**Input data:**
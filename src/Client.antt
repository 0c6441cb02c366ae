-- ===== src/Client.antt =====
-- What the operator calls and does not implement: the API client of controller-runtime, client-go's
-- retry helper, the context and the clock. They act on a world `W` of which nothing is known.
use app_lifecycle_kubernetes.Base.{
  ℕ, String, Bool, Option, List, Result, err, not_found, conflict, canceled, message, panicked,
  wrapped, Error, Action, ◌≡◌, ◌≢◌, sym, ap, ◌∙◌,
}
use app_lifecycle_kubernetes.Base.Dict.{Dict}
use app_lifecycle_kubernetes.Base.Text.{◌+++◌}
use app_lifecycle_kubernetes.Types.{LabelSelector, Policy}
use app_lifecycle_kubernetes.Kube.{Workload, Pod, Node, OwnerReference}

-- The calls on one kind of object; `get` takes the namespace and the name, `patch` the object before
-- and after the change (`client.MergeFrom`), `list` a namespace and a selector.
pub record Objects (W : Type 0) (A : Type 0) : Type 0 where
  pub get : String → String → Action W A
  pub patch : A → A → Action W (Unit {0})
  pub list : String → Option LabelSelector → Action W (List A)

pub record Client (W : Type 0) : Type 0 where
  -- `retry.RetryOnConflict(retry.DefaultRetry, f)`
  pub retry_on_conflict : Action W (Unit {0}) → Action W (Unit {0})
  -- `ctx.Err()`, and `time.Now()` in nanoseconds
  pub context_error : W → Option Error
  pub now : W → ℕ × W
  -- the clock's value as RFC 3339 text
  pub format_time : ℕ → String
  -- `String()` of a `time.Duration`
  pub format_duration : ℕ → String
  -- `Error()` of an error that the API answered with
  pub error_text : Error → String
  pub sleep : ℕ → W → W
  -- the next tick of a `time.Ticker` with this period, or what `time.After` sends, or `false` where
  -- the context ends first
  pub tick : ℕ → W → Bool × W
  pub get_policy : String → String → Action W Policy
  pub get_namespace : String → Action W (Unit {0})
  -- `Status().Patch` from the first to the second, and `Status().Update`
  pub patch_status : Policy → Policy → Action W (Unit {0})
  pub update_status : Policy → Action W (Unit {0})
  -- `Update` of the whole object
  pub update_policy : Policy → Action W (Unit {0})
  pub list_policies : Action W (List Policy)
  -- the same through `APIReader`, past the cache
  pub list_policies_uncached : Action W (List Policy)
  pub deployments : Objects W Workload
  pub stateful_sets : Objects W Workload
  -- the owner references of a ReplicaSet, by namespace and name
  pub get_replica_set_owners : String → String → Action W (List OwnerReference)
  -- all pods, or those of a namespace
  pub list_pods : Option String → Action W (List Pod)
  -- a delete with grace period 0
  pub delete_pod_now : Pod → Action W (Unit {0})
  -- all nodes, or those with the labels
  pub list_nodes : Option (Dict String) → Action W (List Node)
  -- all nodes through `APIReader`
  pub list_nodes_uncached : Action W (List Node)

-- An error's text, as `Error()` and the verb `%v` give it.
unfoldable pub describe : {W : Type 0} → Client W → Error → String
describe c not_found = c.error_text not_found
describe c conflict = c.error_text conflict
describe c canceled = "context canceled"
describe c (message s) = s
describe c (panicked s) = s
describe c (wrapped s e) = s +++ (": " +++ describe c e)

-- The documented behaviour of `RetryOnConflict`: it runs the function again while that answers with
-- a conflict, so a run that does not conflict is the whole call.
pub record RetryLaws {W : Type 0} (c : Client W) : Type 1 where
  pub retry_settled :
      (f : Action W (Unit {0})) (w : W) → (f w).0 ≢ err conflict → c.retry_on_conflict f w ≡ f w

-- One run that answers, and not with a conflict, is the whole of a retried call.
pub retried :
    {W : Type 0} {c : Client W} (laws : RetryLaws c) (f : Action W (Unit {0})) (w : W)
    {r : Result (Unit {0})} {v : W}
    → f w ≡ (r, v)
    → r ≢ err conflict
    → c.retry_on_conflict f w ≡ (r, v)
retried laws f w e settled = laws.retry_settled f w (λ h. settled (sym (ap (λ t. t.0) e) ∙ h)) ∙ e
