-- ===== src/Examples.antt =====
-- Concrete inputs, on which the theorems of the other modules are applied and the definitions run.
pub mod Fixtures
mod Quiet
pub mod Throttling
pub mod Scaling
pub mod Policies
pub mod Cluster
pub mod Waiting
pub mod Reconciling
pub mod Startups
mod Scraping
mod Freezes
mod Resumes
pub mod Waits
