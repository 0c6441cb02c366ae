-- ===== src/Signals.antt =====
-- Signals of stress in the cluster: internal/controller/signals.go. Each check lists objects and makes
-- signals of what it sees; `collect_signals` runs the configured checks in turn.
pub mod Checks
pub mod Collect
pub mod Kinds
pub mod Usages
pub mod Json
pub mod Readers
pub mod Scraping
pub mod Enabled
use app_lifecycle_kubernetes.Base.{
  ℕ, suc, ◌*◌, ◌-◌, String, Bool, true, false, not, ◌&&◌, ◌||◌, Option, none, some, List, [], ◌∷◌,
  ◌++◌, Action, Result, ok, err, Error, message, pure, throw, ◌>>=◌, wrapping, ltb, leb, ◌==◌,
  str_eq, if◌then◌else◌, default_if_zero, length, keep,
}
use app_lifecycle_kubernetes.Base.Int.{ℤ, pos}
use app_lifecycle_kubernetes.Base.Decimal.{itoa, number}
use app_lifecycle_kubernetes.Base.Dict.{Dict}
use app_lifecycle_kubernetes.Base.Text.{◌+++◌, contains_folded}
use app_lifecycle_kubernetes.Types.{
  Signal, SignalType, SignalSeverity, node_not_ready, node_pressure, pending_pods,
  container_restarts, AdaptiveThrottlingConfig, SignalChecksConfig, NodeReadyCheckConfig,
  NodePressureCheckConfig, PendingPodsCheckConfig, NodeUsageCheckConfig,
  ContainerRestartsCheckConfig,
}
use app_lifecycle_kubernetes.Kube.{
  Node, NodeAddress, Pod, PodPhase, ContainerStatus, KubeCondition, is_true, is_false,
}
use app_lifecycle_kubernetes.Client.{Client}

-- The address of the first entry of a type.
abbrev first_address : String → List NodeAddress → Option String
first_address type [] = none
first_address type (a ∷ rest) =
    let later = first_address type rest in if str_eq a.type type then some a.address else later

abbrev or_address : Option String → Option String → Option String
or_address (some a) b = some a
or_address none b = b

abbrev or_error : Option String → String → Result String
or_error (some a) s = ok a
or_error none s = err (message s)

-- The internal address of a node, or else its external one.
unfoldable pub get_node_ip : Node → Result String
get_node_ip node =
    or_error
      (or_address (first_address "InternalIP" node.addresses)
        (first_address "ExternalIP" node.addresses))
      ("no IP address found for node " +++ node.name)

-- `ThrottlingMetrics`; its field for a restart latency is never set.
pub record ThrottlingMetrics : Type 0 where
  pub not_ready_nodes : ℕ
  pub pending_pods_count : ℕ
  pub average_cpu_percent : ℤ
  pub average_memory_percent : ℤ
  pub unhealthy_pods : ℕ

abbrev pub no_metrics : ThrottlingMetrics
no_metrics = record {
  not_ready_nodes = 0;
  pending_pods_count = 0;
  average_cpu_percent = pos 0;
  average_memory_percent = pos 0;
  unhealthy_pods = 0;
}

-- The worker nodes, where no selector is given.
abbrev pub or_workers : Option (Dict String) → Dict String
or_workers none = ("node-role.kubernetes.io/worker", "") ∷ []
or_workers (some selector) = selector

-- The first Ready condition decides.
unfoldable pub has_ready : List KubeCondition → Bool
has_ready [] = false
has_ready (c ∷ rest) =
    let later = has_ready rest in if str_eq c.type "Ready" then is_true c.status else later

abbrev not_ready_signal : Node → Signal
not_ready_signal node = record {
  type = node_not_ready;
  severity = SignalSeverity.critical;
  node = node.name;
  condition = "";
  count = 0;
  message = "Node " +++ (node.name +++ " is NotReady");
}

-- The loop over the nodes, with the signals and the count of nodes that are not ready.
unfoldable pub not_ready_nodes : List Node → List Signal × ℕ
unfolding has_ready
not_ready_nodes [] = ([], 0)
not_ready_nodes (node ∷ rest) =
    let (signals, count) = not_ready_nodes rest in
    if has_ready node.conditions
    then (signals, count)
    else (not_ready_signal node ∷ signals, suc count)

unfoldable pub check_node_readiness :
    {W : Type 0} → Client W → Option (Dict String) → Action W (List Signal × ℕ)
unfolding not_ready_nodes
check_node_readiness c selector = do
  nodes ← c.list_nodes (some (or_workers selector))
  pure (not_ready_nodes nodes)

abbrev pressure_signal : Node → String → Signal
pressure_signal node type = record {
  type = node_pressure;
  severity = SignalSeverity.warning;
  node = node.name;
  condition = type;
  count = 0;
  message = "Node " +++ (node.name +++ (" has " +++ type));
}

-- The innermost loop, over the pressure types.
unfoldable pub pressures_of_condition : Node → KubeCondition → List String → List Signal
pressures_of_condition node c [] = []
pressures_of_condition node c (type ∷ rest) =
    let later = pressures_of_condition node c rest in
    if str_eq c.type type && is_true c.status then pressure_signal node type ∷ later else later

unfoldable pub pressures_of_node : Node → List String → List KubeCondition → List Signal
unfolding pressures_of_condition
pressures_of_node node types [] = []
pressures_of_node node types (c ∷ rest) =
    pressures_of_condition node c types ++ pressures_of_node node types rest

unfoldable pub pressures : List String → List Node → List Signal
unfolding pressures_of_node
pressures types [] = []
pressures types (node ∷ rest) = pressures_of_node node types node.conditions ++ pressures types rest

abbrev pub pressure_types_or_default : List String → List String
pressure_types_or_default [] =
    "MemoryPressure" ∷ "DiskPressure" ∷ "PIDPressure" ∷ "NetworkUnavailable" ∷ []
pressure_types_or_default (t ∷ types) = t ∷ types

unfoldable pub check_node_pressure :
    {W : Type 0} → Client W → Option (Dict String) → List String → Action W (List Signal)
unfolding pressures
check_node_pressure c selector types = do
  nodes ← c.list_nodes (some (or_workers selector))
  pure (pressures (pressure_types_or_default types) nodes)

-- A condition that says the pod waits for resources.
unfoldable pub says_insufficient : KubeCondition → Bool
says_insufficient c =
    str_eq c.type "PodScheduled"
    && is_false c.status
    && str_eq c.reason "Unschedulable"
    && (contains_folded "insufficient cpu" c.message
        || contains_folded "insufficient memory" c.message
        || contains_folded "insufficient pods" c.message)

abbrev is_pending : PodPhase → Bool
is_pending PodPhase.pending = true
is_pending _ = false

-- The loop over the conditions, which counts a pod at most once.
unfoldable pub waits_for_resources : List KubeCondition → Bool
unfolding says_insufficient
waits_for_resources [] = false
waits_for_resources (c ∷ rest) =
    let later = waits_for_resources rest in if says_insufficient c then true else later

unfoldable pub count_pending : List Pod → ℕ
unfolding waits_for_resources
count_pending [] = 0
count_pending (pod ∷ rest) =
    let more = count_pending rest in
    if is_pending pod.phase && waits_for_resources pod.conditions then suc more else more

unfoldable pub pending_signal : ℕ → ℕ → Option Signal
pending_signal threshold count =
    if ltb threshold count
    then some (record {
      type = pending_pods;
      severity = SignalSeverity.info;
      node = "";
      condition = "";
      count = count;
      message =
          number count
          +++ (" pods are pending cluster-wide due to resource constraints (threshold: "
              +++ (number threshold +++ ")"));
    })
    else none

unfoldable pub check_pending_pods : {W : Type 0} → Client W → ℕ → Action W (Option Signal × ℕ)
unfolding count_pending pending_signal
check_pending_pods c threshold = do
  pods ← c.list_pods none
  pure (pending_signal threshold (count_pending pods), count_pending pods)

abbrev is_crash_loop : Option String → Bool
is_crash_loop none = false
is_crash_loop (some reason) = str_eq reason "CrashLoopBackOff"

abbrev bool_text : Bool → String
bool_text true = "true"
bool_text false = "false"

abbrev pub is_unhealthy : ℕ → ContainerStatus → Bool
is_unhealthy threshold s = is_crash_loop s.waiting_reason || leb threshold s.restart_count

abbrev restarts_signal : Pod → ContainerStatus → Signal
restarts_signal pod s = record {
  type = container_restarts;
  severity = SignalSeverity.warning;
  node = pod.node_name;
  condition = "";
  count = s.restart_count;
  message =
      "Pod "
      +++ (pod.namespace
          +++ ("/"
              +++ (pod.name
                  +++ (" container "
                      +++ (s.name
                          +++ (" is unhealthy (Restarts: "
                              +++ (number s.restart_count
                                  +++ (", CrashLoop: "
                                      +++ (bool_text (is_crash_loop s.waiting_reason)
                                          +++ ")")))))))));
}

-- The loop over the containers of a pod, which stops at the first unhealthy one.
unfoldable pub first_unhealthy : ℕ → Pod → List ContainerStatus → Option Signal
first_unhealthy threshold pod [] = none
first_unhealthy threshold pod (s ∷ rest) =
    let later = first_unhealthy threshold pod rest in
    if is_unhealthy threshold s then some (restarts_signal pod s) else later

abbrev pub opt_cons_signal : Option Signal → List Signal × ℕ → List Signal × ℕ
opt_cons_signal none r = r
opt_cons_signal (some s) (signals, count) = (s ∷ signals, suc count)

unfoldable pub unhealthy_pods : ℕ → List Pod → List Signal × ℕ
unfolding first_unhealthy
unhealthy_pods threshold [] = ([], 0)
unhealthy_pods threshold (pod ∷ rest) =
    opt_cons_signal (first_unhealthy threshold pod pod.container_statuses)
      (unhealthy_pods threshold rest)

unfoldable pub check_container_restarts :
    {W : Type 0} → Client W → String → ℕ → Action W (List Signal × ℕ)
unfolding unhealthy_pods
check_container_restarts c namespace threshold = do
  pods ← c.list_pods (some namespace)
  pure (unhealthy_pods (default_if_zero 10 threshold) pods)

==

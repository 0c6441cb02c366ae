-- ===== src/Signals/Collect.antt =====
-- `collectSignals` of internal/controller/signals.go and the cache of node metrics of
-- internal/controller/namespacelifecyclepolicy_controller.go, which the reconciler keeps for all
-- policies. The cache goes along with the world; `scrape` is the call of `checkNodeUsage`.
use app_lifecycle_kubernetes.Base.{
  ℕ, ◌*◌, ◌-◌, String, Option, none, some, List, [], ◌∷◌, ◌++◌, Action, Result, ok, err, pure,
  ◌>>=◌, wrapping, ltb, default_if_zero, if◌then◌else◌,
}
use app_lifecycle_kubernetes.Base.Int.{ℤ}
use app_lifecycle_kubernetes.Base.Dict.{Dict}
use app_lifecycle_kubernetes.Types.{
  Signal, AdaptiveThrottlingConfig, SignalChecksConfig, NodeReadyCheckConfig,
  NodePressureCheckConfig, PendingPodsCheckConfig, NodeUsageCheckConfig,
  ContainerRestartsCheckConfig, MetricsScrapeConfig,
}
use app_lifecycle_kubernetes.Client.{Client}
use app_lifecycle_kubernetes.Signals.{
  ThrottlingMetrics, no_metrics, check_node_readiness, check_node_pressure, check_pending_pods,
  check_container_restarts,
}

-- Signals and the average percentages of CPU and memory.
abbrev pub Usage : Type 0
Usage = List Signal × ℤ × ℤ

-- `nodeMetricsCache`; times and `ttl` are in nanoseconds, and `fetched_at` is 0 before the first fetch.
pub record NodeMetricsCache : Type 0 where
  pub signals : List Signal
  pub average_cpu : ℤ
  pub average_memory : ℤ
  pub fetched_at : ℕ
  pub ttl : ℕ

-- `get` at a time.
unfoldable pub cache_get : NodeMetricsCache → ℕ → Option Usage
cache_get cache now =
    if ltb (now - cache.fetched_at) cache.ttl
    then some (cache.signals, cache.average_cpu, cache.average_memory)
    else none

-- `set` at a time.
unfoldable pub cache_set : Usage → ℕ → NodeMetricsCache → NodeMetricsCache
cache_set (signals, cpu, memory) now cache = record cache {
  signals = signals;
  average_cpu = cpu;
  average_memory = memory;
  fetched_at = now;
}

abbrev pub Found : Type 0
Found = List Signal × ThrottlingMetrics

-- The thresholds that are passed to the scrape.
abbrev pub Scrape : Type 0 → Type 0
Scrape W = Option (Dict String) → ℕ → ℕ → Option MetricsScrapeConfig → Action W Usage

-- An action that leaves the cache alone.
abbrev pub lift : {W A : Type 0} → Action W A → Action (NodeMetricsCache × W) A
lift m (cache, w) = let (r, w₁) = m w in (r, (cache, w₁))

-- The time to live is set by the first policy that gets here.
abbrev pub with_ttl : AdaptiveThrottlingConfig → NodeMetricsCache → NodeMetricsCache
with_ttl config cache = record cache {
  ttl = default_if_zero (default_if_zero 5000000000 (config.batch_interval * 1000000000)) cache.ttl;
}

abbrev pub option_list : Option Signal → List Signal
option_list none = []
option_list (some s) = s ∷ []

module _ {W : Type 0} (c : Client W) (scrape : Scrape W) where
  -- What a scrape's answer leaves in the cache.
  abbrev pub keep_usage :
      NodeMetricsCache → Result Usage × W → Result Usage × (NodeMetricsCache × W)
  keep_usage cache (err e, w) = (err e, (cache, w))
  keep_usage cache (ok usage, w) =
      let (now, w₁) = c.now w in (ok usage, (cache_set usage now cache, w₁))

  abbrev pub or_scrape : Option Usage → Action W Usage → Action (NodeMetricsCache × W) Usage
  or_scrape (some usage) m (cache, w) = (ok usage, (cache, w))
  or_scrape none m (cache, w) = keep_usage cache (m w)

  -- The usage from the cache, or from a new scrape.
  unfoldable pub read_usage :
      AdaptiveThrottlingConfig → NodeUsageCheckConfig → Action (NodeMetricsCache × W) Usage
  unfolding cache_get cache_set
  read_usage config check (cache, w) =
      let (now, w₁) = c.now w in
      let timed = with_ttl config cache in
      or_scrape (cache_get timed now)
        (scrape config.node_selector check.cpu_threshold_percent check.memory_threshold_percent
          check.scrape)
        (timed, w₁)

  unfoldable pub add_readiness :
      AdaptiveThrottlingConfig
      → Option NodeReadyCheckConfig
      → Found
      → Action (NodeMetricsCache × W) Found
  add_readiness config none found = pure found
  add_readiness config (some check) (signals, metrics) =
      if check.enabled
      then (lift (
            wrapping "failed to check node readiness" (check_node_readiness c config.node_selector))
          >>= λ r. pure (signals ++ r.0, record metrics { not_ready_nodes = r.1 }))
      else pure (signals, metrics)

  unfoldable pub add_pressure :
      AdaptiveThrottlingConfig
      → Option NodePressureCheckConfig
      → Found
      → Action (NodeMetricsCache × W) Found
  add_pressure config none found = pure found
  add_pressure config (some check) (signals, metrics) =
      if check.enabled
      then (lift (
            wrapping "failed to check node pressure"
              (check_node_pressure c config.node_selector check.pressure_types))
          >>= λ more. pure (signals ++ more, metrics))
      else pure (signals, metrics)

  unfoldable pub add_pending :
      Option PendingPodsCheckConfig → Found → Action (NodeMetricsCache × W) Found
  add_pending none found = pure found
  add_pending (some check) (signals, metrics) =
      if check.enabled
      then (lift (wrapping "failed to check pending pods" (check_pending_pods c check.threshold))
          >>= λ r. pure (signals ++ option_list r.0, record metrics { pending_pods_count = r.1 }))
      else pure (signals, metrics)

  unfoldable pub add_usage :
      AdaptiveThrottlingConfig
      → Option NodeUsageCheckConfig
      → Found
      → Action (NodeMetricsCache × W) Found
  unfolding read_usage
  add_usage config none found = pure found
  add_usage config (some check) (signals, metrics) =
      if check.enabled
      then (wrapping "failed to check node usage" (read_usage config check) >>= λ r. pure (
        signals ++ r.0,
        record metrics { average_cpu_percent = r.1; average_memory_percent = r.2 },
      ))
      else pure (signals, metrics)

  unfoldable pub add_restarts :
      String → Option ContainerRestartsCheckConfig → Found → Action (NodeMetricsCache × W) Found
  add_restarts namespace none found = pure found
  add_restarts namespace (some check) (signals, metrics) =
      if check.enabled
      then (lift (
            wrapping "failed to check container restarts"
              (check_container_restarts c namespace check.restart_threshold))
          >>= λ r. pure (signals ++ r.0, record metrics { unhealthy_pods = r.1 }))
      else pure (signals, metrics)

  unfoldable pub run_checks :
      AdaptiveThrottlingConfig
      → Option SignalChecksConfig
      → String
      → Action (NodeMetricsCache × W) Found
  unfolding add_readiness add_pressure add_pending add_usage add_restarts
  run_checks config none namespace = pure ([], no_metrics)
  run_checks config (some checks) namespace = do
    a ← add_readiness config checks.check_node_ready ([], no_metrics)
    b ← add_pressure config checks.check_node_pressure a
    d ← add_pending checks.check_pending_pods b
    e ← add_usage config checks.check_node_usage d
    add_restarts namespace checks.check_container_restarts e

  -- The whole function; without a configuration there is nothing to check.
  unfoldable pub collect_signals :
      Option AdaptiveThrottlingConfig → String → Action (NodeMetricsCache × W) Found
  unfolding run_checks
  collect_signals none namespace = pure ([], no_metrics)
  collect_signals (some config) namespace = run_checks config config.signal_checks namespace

**Work to be completed:**
All that is wanted is an exact copy of the lines above from the one with "(signals ++ option_list" through the one with "d ← add_pending", with both ends included.

**Response to this exercise:**
          >>= λ r. pure (signals ++ option_list r.0, record metrics { pending_pods_count = r.1 }))
      else pure (signals, metrics)

  unfoldable pub add_usage :
      AdaptiveThrottlingConfig
      → Option NodeUsageCheckConfig
      → Found
      → Action (NodeMetricsCache × W) Found
  unfolding read_usage
  add_usage config none found = pure found
  add_usage config (some check) (signals, metrics) =
      if check.enabled
      then (wrapping "failed to check node usage" (read_usage config check) >>= λ r. pure (
        signals ++ r.0,
        record metrics { average_cpu_percent = r.1; average_memory_percent = r.2 },
      ))
      else pure (signals, metrics)

  unfoldable pub add_restarts :
      String → Option ContainerRestartsCheckConfig → Found → Action (NodeMetricsCache × W) Found
  add_restarts namespace none found = pure found
  add_restarts namespace (some check) (signals, metrics) =
      if check.enabled
      then (lift (
            wrapping "failed to check container restarts"
              (check_container_restarts c namespace check.restart_threshold))
          >>= λ r. pure (signals ++ r.0, record metrics { unhealthy_pods = r.1 }))
      else pure (signals, metrics)

  unfoldable pub run_checks :
      AdaptiveThrottlingConfig
      → Option SignalChecksConfig
      → String
      → Action (NodeMetricsCache × W) Found
  unfolding add_readiness add_pressure add_pending add_usage add_restarts
  run_checks config none namespace = pure ([], no_metrics)
  run_checks config (some checks) namespace = do
    a ← add_readiness config checks.check_node_ready ([], no_metrics)
    b ← add_pressure config checks.check_node_pressure a
    d ← add_pending checks.check_pending_pods b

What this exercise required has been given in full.